Task statement: Repeat nothing but the lines below running from the one containing "(prefix i key id : String)" to the one containing "let at_key = lookup-insert". Keep both end lines.

═══ Records shown ═══

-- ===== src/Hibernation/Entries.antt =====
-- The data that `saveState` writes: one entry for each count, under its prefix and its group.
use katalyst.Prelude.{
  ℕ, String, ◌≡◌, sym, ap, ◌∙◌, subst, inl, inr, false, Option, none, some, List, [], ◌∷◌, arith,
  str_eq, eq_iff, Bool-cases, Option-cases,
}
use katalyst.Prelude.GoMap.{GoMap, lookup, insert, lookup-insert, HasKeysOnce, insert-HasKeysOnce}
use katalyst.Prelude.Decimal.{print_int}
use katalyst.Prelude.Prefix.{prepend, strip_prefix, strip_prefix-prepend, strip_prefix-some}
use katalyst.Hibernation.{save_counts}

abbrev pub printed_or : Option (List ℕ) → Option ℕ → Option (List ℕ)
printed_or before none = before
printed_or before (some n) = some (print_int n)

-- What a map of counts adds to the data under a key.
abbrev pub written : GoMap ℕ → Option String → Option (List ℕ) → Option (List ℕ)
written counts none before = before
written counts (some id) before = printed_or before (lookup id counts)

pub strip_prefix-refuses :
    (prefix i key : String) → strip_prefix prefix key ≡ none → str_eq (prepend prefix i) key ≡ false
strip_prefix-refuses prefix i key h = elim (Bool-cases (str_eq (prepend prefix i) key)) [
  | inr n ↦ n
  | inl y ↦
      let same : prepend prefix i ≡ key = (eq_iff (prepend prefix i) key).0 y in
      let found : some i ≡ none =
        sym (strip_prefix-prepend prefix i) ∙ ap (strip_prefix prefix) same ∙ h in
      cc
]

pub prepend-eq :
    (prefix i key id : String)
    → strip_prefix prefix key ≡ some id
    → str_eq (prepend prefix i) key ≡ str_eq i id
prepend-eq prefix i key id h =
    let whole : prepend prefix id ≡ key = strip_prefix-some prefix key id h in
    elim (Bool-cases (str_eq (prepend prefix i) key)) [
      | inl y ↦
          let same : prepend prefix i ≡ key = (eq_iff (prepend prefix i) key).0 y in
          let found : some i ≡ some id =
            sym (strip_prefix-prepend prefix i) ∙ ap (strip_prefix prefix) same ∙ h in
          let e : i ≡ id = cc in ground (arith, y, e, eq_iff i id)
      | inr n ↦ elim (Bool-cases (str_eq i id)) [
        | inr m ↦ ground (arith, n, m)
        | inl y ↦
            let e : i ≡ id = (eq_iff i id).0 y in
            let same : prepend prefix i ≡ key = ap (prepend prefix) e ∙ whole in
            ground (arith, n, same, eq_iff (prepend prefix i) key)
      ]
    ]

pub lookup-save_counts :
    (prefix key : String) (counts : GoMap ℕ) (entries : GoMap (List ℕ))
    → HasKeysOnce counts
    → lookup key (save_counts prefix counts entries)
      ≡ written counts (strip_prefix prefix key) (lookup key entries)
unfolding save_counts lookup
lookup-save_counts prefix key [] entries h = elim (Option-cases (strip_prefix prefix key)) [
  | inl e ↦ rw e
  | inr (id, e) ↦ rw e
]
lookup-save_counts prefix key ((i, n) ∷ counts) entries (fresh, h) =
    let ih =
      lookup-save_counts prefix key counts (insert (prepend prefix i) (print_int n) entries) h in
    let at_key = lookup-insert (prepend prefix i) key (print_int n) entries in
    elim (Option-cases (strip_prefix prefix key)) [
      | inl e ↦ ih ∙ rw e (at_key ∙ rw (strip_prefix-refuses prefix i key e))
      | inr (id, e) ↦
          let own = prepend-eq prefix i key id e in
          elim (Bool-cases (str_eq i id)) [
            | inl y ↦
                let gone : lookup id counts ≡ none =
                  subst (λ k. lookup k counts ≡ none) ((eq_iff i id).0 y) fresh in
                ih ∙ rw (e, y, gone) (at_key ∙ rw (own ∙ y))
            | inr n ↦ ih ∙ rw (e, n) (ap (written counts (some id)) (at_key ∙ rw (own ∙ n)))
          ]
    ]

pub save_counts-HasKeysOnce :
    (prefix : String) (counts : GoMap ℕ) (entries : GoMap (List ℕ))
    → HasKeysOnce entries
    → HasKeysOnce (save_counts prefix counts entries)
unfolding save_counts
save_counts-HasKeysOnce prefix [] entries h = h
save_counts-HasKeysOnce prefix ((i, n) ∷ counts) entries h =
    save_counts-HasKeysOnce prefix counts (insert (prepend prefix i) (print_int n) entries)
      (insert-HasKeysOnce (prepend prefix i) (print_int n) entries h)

═══
═══ Records shown ═══

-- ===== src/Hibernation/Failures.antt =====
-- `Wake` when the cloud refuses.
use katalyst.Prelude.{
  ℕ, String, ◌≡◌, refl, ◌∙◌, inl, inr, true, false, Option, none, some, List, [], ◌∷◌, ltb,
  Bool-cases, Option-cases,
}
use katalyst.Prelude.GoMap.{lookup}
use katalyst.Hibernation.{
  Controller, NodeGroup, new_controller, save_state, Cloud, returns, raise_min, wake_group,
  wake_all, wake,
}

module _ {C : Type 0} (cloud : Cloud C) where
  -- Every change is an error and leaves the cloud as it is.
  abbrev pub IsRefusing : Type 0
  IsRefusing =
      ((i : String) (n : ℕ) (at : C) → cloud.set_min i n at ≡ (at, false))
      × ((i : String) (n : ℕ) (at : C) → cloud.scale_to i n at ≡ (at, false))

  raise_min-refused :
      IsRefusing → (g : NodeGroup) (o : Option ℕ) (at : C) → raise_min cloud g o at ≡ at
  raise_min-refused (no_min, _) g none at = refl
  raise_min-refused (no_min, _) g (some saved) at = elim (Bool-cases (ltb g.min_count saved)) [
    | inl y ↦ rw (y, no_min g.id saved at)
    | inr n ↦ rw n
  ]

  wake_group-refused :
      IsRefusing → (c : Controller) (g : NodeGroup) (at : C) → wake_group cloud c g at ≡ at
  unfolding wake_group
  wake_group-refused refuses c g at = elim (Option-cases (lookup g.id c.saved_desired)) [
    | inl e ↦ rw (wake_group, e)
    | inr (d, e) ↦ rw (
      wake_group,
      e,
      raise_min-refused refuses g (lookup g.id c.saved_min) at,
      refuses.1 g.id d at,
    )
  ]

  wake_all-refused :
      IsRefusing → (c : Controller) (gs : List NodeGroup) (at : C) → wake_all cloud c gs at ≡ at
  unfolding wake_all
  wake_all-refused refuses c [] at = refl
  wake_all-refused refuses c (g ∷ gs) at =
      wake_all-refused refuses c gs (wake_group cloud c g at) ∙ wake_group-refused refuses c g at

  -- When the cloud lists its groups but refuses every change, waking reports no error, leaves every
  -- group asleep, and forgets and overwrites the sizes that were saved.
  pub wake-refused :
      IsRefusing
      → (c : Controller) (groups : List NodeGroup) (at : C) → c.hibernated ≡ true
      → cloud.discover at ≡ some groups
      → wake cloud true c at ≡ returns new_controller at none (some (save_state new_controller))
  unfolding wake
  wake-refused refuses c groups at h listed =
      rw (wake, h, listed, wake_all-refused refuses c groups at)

═══

Completed task:
    (prefix i key id : String)
    → strip_prefix prefix key ≡ some id
    → str_eq (prepend prefix i) key ≡ str_eq i id
prepend-eq prefix i key id h =
    let whole : prepend prefix id ≡ key = strip_prefix-some prefix key id h in
    elim (Bool-cases (str_eq (prepend prefix i) key)) [
      | inl y ↦
          let same : prepend prefix i ≡ key = (eq_iff (prepend prefix i) key).0 y in
          let found : some i ≡ some id =
            sym (strip_prefix-prepend prefix i) ∙ ap (strip_prefix prefix) same ∙ h in
          let e : i ≡ id = cc in ground (arith, y, e, eq_iff i id)
      | inr n ↦ elim (Bool-cases (str_eq i id)) [
        | inr m ↦ ground (arith, n, m)
        | inl y ↦
            let e : i ≡ id = (eq_iff i id).0 y in
            let same : prepend prefix i ≡ key = ap (prepend prefix) e ∙ whole in
            ground (arith, n, same, eq_iff (prepend prefix i) key)
      ]
    ]

pub lookup-save_counts :
    (prefix key : String) (counts : GoMap ℕ) (entries : GoMap (List ℕ))
    → HasKeysOnce counts
    → lookup key (save_counts prefix counts entries)
      ≡ written counts (strip_prefix prefix key) (lookup key entries)
unfolding save_counts lookup
lookup-save_counts prefix key [] entries h = elim (Option-cases (strip_prefix prefix key)) [
  | inl e ↦ rw e
  | inr (id, e) ↦ rw e
]
lookup-save_counts prefix key ((i, n) ∷ counts) entries (fresh, h) =
    let ih =
      lookup-save_counts prefix key counts (insert (prepend prefix i) (print_int n) entries) h in
    let at_key = lookup-insert (prepend prefix i) key (print_int n) entries in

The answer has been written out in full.